Auf der Südseite der Klosteranlage gruppieren sich die Ökonomiegebäude um einen malerischen langgezogenen Hof. Der Marstall (von "Marah", althochdeutsch für Pferd) schliesst den Hof gegen Osten hin ab und ist eines der letzten Gebäude der Neubauphase des Klosters. Gegen den St. Benediktsberg mit weit ausladendem Dach von eher bäuerlichem Ausdruck, ist das Gebäude hofseitig vornehmer gestaltet. Die Gebäudemitte mit dem Durchgang nach draussen wird durch einen Risalit hervorgehoben, der seitlich von Pilastern gerahmt wird und von einem verzierten Giebelfeld bekrönt ist. Sandsteinrahmungen der Fenster zeichnen den Marstall gegenüber den einfacher gehaltenen Hoffassaden aus. Im Innern spannen sich noch heute die ursprünglichen schlichten Kreuzgewölbe über den Stallungen. Die Ausstattung mit den gemauerten Boxen und den Eisengusssäulen geht auf das Jahr 1886 zurück.
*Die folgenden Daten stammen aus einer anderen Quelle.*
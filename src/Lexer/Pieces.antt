-- ===== src/Lexer/Pieces.antt =====
-- What `scan` consumes of its text, and what its token spells.
use mathlib.Core.Path.{subst}
use l.Base.{
  ℕ, ◌<◌, Bool, true, false, Option, none, some, List, [], ◌∷◌, ◌≡◌, refl, ap, sym, ◌&&◌, ◌||◌,
  ◌==◌, if◌then◌else◌, arith, length,
}
use l.Base.Results.{Result, ok, err, ◌>>=◌}
use l.Lexer.Chars.{among, is_space, starts_name, continues_name, is_hex, is_binary}
use l.Lexer.Cuts.{
  Kind, comment, LexError, Cut, prepend, span_while, head_is, match_multi, multi, single, plain,
  word, Literal, literal, unexpected_character,
}
use l.Lexer.Scan.{Piece, scan, number, after_zero, based, quoted, operator, is_digit, spelled}
use l.Lexer.Splits.{
  Consumes, Splits, AllSome, span_while-Splits, digits-Splits, match_multi-Consumes, literal-Splits,
  decimal-Consumes,
}

-- the spelling of a token: its raw text, or its text where it has none
abbrev pub Spelled : Option (Kind × List ℕ × Option (List ℕ)) → List ℕ → Type 0
Spelled none a = Unit
Spelled (some (k, t, none)) a = t ≡ a
Spelled (some (k, t, some r)) a = r ≡ a

abbrev pub Yields : Result LexError Piece → List ℕ → Type 0
Yields (ok p) cs = Consumes p.cut cs × Spelled p.token p.cut.0
Yields (err e) cs = Unit

if-Yields :
    (b : Bool) (r s : Result LexError Piece) (cs : List ℕ)
    → (b ≡ true → Yields r cs)
    → (b ≡ false → Yields s cs)
    → Yields (if b then r else s) cs
if-Yields true r s cs h g = h refl
if-Yields false r s cs h g = g refl

based-Yields :
    (a b : ℕ) (valid : ℕ → Bool) (cs : List ℕ) → Yields (based (a ∷ b ∷ []) valid cs) (a ∷ b ∷ cs)
based-Yields a b valid cs =
    if-Yields (head_is valid cs) _ _ (a ∷ b ∷ cs)
      (λ _. ((omega arith, ap (λ t. a ∷ b ∷ t) (digits-Splits valid false cs)), refl)) (λ _. tt)

-- the first code point passes the test, so the span is not empty
span-Consumes :
    (p : ℕ → Bool) (c : ℕ) (cs : List ℕ) → p c ≡ true → Consumes (span_while p (c ∷ cs)) (c ∷ cs)
unfolding span_while
span-Consumes p c cs h = (
  let e : (if p c then prepend c (span_while p cs) else ([], c ∷ cs))
          ≡ prepend c (span_while p cs) =
        rw h in
      subst (λ (k : Cut). 0 < length k.0) (sym e) (omega arith),
  span_while-Splits p (c ∷ cs),
)

multi-AllSome : AllSome multi
multi-AllSome = omega arith

module _ (other_digit : ℕ → Bool) where
  number-Yields : (c : ℕ) (cs : List ℕ) → Yields (number other_digit c cs) (c ∷ cs)
  unfolding number
  number-Yields c cs =
      if-Yields (c == 48) _ _ (c ∷ cs) (λ _. zero-Yields cs)
        (λ _. (decimal-Consumes other_digit c cs, refl))
    where
      zero-Yields : (ds : List ℕ) → Yields (after_zero other_digit c ds) (c ∷ ds)
      zero-Yields [] = (decimal-Consumes other_digit c [], refl)
      zero-Yields (b ∷ ds) =
          if-Yields (among b (120 ∷ 88 ∷ [])) _ _ (c ∷ b ∷ ds) (λ _. based-Yields c b is_hex ds)
            (λ _.
              if-Yields (among b (98 ∷ 66 ∷ [])) _ _ (c ∷ b ∷ ds)
                (λ _. based-Yields c b is_binary ds)
                (λ _. (decimal-Consumes other_digit c (b ∷ ds), refl)))

  quoted-Yields :
      (quote : ℕ) (cs : List ℕ) (l : Literal)
      → Splits l.1 cs
      → Yields (quoted other_digit quote l) (quote ∷ cs)
  quoted-Yields quote cs (bytes, (a, rest)) h =
      let fine : Consumes (quote ∷ a, rest) (quote ∷ cs) = (omega arith, ap (λ t. quote ∷ t) h) in
      if-Yields (quote == 39) _ _ (quote ∷ cs)
        (λ _. if-Yields (length bytes == 1) _ _ (quote ∷ cs) (λ _. (fine, refl)) (λ _. tt))
        (λ _. (fine, refl))

  literal-Yields :
      (c : ℕ) (cs : List ℕ) → Yields (literal c plain cs >>= quoted other_digit c) (c ∷ cs)
  literal-Yields c cs = go (literal c plain cs) (literal-Splits c plain cs)
    where
      go :
          (r : Result LexError Literal)
          → ((l : Literal) → r ≡ ok l → Splits l.1 cs)
          → Yields (r >>= quoted other_digit c) (c ∷ cs)
      go (err e) h = tt
      go (ok l) h = quoted-Yields c cs l (h l refl)

  operator-Yields : (c : ℕ) (cs : List ℕ) → Yields (operator other_digit c cs) (c ∷ cs)
  operator-Yields c cs =
      go (match_multi multi (c ∷ cs)) (λ k. match_multi-Consumes multi (c ∷ cs) k multi-AllSome)
    where
      go :
          (o : Option Cut)
          → ((k : Cut) → o ≡ some k → Consumes k (c ∷ cs))
          → Yields
              (let r : Result LexError Piece = elim o [
                | some (op, rest) ↦ ok (spelled (word op) (op, rest))
                | none ↦
                    if among c single
                    then ok (spelled (word (c ∷ [])) (c ∷ [], cs))
                    else err unexpected_character
              ] in
                r)
              (c ∷ cs)
      go (some k) h = (h k refl, refl)
      go none h =
          if-Yields (among c single) _ _ (c ∷ cs) (λ _. ((omega arith, refl), refl)) (λ _. tt)

  kept : (keep : Bool) (t : List ℕ) → Spelled (if keep then some (comment, t, none) else none) t
  kept true t = refl
  kept false t = tt

  pub scan-Yields :
      (keep : Bool) (c : ℕ) (cs : List ℕ) → Yields (scan other_digit keep c cs) (c ∷ cs)
  unfolding scan
  scan-Yields keep c cs =
      if-Yields (is_space c) _ _ (c ∷ cs) (λ h. (span-Consumes is_space c cs h, tt))
        (λ _.
          if-Yields (c == 47 && head_is (λ d. d == 47) cs) _ _ (c ∷ cs)
            (λ h. (
              span-Consumes (λ d. if d == 10 then false else true) c cs (ground (arith, h)),
              kept keep _,
            ))
            (λ _.
              if-Yields (starts_name c) _ _ (c ∷ cs)
                (λ _. ((omega arith, ap (λ t. c ∷ t) (span_while-Splits continues_name cs)), refl))
                (λ _.
                  if-Yields (is_digit other_digit c) _ _ (c ∷ cs) (λ _. number-Yields c cs)
                    (λ _.
                      if-Yields (c == 39 || c == 34) _ _ (c ∷ cs) (λ _. literal-Yields c cs)
                        (λ _. operator-Yields c cs)))))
Das Einsiedler Gestüt gehört zu den ältesten Europas. Lange Zeit hat dieser fast 1000-jährige Schlag vor dem Aus gestanden. Nun kümmert sich das Kloster wieder um das wertvolle Erbe und versucht, die Cavalli della Madonna vor dem Aussterben zu bewahren. Es wird in die Sanierung der barocken Stallungen investiert. Ausserhalb des Klostergevierts entstand eine neue Reithalle. Als einfacher, zeitgemäss gestalteter Holzbau bricht sie mit der Tradition der üblicherweise auch ausserhalb der Mauern in Stein gefertigten Klosterbauten. In leicht verzerrter Geometrie liegt das Volumen neben dem Eingang zum Hof und gibt ein klares Signal für eine neue Zukunft der traditionsreichen Pferdezucht.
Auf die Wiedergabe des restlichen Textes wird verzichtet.